Autumn 2009 Seminar Series
Friday, September 25, at 3:30 p.m.
Room 264 MacQuigg Labs
Thomas Buchheit
Materials Modeling and Simulation
Sandia National Laboratories
Albuquerque, NM
Extracting Material Properties using Instrumented Indentation:
Two case studies
Abstract
There are many well-known hurdles to extracting fundamental materials properties from indentation experiments. However, depending on the approach to a specific problem, relevant material properties information beyond a hardness and modulus measurement can be extracted from an instrumented indentation experiment (Instrumented meaning that load, displacement, and contact stiffness data are collected continuously throughout the experiment). Two cases, relevant to specific engineering applications, will be considered in this presentation. The first, measuring the properties of individual powder particles sized between 25 µm and 100 µm of four common very hard ceramic materials: tungsten carbide, alumina, boron carbide, and silicon carbide. The second, using instrumented indentation to measure residual stress in a film, specifically glass, although this case will be considered from a more general perspective. In both cases, a similar approach using a modified expanding cavity model (ECM) and direct simulation-experiment comparisons is applied. The approach is similar but each case provides complementary results. Those to be discussed include the influence of residual stress on elastic-plastic deformation within a substrate during an indentation experiment and the plausibility of a relationship between the hardness of the individual powder particles, strength, and the high rate deformation behavior of compacts fabricated from these hard ceramic powders. Sandia is a multiprogram laboratory operated by Sandia Corporation, a Lockheed Martin Company, for the United States Department of Energy under Contract DE-AC04-94AL85000.
Bio
Thomas Buchheit earned his Ph.

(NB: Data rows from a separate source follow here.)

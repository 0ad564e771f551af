-- ===== src/Mqueue.antt =====
-- include/pposix/rt/mqueue.hpp and src/rt/mqueue.cpp: POSIX message queues. The calls of
-- <mqueue.h> are the fields of `MqApi`; what a call writes through a pointer is returned beside its
-- result.
pub mod Open
pub mod Transfer
pub mod Notify
pub mod Laws
pub mod Exchange
pub mod Registration
pub mod Interleaving
use pposix.Base.{ℕ, ℤ, minus_one, pos, ◌==ℤ◌, ==ℤ_iff, ◌≡◌, refl, Option}
use pposix.Errno.{Sys, ErrorCode, no_error}
use pposix.Call.{common_call}
use pposix.Descriptor.{Traits, Descriptor, of_raw, null_descriptor, destroy as destroy_descriptor}
use pposix.EnumFlag.{IsEnum, EnumFlag, ExclusiveEnumFlag}
use pposix.Signal.{Timespec, Sigevent}
use pposix.Span.Bytes.{ByteSpan}

-- `::mq_attr`
pub record MqAttr : Type 0 where
  pub mq_flags : ℤ
  pub mq_maxmsg : ℤ
  pub mq_msgsize : ℤ
  pub mq_curmsgs : ℤ

-- `::mq_attr{}`
abbrev pub zero_attr : MqAttr
zero_attr = record { mq_flags = pos 0; mq_maxmsg = pos 0; mq_msgsize = pos 0; mq_curmsgs = pos 0 }

-- `mq_open_attr` is `mq_open` with a pointer to attributes as the argument after the flags. The
-- last argument of the receiving calls is the priority that they overwrite.
pub record MqApi (K : Type 0) : Type 0 where
  pub mq_open : ℕ → ℕ → Sys K ℤ
  pub mq_open_attr : ℕ → ℕ → MqAttr → Sys K ℤ
  pub mq_close : ℤ → Sys K ℤ
  pub mq_unlink : ℕ → Sys K ℤ
  pub mq_getattr : ℤ → MqAttr → Sys K (ℤ × MqAttr)
  pub mq_setattr : ℤ → MqAttr → MqAttr → Sys K (ℤ × MqAttr)
  pub mq_receive : ℤ → ℕ → ℕ → ℕ → Sys K (ℤ × ℕ)
  pub mq_timedreceive : ℤ → ℕ → ℕ → ℕ → Timespec → Sys K (ℤ × ℕ)
  pub mq_send : ℤ → ℕ → ℕ → ℕ → Sys K ℤ
  pub mq_timedsend : ℤ → ℕ → ℕ → ℕ → Timespec → Sys K ℤ
  pub mq_notify : ℤ → Option Sigevent → Sys K ℤ

-- NULL_MQD_T
abbrev pub null_mqd_t : ℤ
null_mqd_t = minus_one

-- `detail::mq_null_descriptor`
abbrev pub mq_null_descriptor : ℤ
mq_null_descriptor = null_mqd_t

-- `capi::mq_mode`
pub record MqMode : Type 0 where
  pub bits : ℕ

abbrev mq_mode : ℕ → MqMode
mq_mode n = record { bits = n }

instance abbrev pub mq_mode_enum : IsEnum MqMode
mq_mode_enum = record {
  to_underlying = λ a. a.bits;
  of_underlying = mq_mode;
  to-of_underlying = λ n. refl;
}

pub data MqModeName : Type 0 where
  read_only write_only read_write : MqModeName

-- `capi::mq_option`
pub record MqOption : Type 0 where
  pub bits : ℕ

abbrev mq_option : ℕ → MqOption
mq_option n = record { bits = n }

instance abbrev pub mq_option_enum : IsEnum MqOption
mq_option_enum = record {
  to_underlying = λ a. a.bits;
  of_underlying = mq_option;
  to-of_underlying = λ n. refl;
}

pub data MqOptionName : Type 0 where
  create excl non_blocking : MqOptionName

-- The macros of <fcntl.h> that message queues use.
pub data MqMacro : Type 0 where
  o_rdonly o_wronly o_rdwr o_creat o_excl o_nonblock : MqMacro

unfoldable pub mq_mode_value : (MqMacro → ℕ) → MqModeName → MqMode
mq_mode_value m read_only = mq_mode (m o_rdonly)
mq_mode_value m write_only = mq_mode (m o_wronly)
mq_mode_value m read_write = mq_mode (m o_rdwr)

-- The constants `read_only`, `write_only` and `read_write` of type `mq_mode_flag`.
unfoldable pub mq_mode_constant : (MqMacro → ℕ) → MqModeName → ExclusiveEnumFlag MqMode
unfolding mq_mode_value
mq_mode_constant m mode = record { value = mq_mode_value m mode }

unfoldable pub mq_option_value : (MqMacro → ℕ) → MqOptionName → MqOption
mq_option_value m create = mq_option (m o_creat)
mq_option_value m excl = mq_option (m o_excl)
mq_option_value m non_blocking = mq_option (m o_nonblock)

-- The constant `mq_excl`
unfoldable pub mq_excl : (MqMacro → ℕ) → EnumFlag MqOption
unfolding mq_option_value
mq_excl m = record { flags = mq_option_value m excl }

-- The constant `mq_non_blocking`
unfoldable pub mq_non_blocking : (MqMacro → ℕ) → EnumFlag MqOption
unfolding mq_option_value
mq_non_blocking m = record { flags = mq_option_value m non_blocking }

-- `mq_create_queue`, whose constructor sets two fields of zeroed attributes.
pub record MqCreateQueue : Type 0 where
  pub attributes_ : MqAttr

unfoldable pub mq_create_queue : ℤ → ℤ → MqCreateQueue
mq_create_queue max_message_count max_message_size = record {
  attributes_ = record zero_attr { mq_maxmsg = max_message_count; mq_msgsize = max_message_size };
}

-- `mq_current_attr` and its three accessors
pub record MqCurrentAttr : Type 0 where
  pub attributes_ : MqAttr

unfoldable pub mq_current_attr : MqAttr → MqCurrentAttr
mq_current_attr attributes = record { attributes_ = attributes }

unfoldable pub current_message_count : MqCurrentAttr → ℤ
current_message_count a = a.attributes_.mq_curmsgs

unfoldable pub max_message_count : MqCurrentAttr → ℤ
max_message_count a = a.attributes_.mq_maxmsg

unfoldable pub max_message_size : MqCurrentAttr → ℤ
max_message_size a = a.attributes_.mq_msgsize

-- `mq_message_priority`, an enumeration of `unsigned`s.
pub record MqMessagePriority : Type 0 where
  pub value : ℕ

pub record MqMessage : Type 0 where
  pub priority_ : MqMessagePriority
  pub message_ : ByteSpan

unfoldable pub mq_message : MqMessagePriority → ByteSpan → MqMessage
mq_message priority message = record { priority_ = priority; message_ = message }

module _ {K : Type 0} (os : MqApi K) where
  unfoldable pub close_mq_d : ℤ → Sys K ErrorCode
  unfolding common_call
  close_mq_d mq_descriptor = common_call (os.mq_close mq_descriptor)

  -- The template arguments of `unique_mq_d`.
  unfoldable pub unique_mq_d : Traits K ℤ
  unique_mq_d = record {
    get_null = mq_null_descriptor;
    same = ◌==ℤ◌;
    same_iff = ==ℤ_iff;
    close_policy = close_mq_d;
  }

-- `mq`
pub record Mq : Type 0 where
  pub mq_d_ : Descriptor ℤ

-- `explicit mq(::mqd_t)`
unfoldable pub mq : ℤ → Mq
unfolding of_raw
mq mq_d = record { mq_d_ = of_raw mq_d }

-- The destructor that the compiler writes: that of `mq_d_`.
unfoldable pub destroy : {K : Type 0} → MqApi K → Mq → Sys K (Unit {0})
unfolding destroy_descriptor
destroy os q = destroy_descriptor (unique_mq_d os) q.mq_d_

D. in Materials Science and Engineering from the University of Virginia in 1995, his dissertation was entitled "Modeling the Stress-Induced Transformation on Shape Memory Alloy Single Crystals". He was hired by Sandia National Laboratories in 1995 as a post-doc to work on micromechanical modeling related to formability problems. He joined the technical staff at Sandia in 1998 as a metallurgist/material scientist. Over the years, his research direction has shifted toward micromechanical testing and modeling on materials relevant to microsystems applications and component reliability. A few of his recent projects include microstructure-properties characterization of candidate LIGA materials, properties characterization of silicon for MEMS applications, local measurement of residual stress in glass and LTCC assemblies, and polycrystal deformation modeling for microsystems materials.
Please join our speaker for light refreshments in 479 Watts Hall following the talk.